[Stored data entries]
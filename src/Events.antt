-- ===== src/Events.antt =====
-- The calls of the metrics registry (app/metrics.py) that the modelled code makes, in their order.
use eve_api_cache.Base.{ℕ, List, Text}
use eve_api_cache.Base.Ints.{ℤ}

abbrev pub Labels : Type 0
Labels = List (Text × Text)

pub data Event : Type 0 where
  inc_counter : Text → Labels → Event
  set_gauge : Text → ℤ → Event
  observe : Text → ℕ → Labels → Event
==
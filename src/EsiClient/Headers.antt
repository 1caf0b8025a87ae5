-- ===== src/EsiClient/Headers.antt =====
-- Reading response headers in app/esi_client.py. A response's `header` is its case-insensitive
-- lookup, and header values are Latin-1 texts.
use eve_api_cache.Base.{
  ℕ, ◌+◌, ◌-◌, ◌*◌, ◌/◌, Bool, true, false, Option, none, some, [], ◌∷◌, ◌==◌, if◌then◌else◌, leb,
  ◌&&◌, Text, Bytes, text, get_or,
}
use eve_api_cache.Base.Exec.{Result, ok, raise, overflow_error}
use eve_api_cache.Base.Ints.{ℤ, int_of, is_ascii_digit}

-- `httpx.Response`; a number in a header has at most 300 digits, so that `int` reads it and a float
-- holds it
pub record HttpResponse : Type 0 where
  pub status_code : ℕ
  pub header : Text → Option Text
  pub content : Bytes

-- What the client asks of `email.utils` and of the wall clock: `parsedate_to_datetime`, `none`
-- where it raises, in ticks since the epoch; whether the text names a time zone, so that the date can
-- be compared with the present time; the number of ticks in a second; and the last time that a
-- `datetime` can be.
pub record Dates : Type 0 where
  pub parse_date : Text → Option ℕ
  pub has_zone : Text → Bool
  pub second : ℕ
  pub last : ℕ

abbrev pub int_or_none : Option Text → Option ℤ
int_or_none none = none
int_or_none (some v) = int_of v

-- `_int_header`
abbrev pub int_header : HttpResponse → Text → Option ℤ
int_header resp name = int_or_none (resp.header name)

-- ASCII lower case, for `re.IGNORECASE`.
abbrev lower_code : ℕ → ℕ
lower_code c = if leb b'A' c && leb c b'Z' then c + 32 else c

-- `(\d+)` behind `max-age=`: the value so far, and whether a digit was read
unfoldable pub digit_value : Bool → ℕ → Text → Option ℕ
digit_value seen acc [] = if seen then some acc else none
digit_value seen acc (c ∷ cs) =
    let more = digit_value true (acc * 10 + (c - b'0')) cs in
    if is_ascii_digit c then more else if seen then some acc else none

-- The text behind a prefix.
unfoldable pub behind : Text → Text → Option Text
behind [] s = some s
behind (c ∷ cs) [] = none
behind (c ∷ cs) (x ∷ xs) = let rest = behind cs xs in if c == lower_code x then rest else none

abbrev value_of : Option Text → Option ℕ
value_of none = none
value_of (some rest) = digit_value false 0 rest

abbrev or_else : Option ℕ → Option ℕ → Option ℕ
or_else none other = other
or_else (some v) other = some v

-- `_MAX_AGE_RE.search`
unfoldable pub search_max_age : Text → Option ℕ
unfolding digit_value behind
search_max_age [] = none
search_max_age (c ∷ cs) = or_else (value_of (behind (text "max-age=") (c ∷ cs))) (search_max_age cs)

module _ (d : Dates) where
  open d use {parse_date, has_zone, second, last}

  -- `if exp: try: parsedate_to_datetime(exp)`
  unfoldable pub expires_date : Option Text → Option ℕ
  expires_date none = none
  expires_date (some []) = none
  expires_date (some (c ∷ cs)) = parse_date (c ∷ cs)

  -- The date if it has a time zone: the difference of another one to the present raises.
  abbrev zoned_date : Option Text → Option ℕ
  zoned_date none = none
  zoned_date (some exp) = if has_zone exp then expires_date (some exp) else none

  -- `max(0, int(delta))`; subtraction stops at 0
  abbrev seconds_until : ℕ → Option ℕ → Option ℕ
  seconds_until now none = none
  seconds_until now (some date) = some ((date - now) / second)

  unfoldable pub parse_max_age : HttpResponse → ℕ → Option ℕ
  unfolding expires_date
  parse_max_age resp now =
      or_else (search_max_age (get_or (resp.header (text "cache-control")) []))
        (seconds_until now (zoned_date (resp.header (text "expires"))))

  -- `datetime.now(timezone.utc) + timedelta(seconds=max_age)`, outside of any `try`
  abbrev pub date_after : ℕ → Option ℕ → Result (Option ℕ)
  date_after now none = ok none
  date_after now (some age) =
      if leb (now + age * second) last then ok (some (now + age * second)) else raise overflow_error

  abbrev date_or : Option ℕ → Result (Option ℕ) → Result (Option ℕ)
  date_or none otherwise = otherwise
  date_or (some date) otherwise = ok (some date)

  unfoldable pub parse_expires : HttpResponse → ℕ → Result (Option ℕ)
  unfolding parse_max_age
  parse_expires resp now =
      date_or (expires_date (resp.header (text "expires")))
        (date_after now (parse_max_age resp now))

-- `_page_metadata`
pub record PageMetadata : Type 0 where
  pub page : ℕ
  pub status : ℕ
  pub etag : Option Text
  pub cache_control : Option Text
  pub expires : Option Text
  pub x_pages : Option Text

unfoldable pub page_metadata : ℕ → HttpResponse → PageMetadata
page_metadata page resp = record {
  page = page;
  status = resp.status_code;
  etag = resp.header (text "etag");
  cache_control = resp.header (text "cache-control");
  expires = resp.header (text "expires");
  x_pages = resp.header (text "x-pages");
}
* * *
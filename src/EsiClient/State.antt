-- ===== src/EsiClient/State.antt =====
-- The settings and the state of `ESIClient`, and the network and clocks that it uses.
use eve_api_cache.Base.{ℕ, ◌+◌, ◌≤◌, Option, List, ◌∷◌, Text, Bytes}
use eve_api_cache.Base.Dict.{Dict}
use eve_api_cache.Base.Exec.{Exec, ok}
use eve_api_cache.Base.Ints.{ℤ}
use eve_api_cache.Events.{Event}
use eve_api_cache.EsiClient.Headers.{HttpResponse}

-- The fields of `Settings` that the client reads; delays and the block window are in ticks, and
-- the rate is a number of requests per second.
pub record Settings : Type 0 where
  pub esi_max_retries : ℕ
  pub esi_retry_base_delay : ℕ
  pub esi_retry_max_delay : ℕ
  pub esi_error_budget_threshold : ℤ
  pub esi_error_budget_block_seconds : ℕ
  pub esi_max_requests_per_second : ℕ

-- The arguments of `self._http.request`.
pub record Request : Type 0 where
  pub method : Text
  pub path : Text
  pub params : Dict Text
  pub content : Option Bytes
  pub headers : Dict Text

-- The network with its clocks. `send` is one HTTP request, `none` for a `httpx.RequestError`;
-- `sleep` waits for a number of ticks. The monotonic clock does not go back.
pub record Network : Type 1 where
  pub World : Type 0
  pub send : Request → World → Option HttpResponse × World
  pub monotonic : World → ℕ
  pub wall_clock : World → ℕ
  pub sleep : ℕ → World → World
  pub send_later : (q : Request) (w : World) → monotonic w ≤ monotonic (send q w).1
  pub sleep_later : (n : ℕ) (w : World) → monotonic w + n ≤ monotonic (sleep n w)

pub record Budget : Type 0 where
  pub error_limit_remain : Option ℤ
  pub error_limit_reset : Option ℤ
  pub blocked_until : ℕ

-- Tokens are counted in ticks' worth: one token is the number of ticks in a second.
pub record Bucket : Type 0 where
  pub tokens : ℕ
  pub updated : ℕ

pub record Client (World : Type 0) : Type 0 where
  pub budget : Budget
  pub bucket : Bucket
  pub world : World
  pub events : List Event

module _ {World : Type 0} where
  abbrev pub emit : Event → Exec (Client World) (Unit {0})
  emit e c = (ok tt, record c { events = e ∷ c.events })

> [What is expected] Write down again, exactly as given, only the lines above that fall from the line with "pub sleep_later : (n" to the line with "pub events : List Event", inclusive.

> [Response area]
  pub sleep_later : (n : ℕ) (w : World) → monotonic w + n ≤ monotonic (sleep n w)

pub record Budget : Type 0 where
  pub error_limit_remain : Option ℤ
  pub error_limit_reset : Option ℤ
  pub blocked_until : ℕ

-- Tokens are counted in ticks' worth: one token is the number of ticks in a second.
pub record Bucket : Type 0 where
  pub tokens : ℕ
  pub updated : ℕ

pub record Client (World : Type 0) : Type 0 where
  pub budget : Budget
  pub bucket : Bucket
  pub world : World
  pub events : List Event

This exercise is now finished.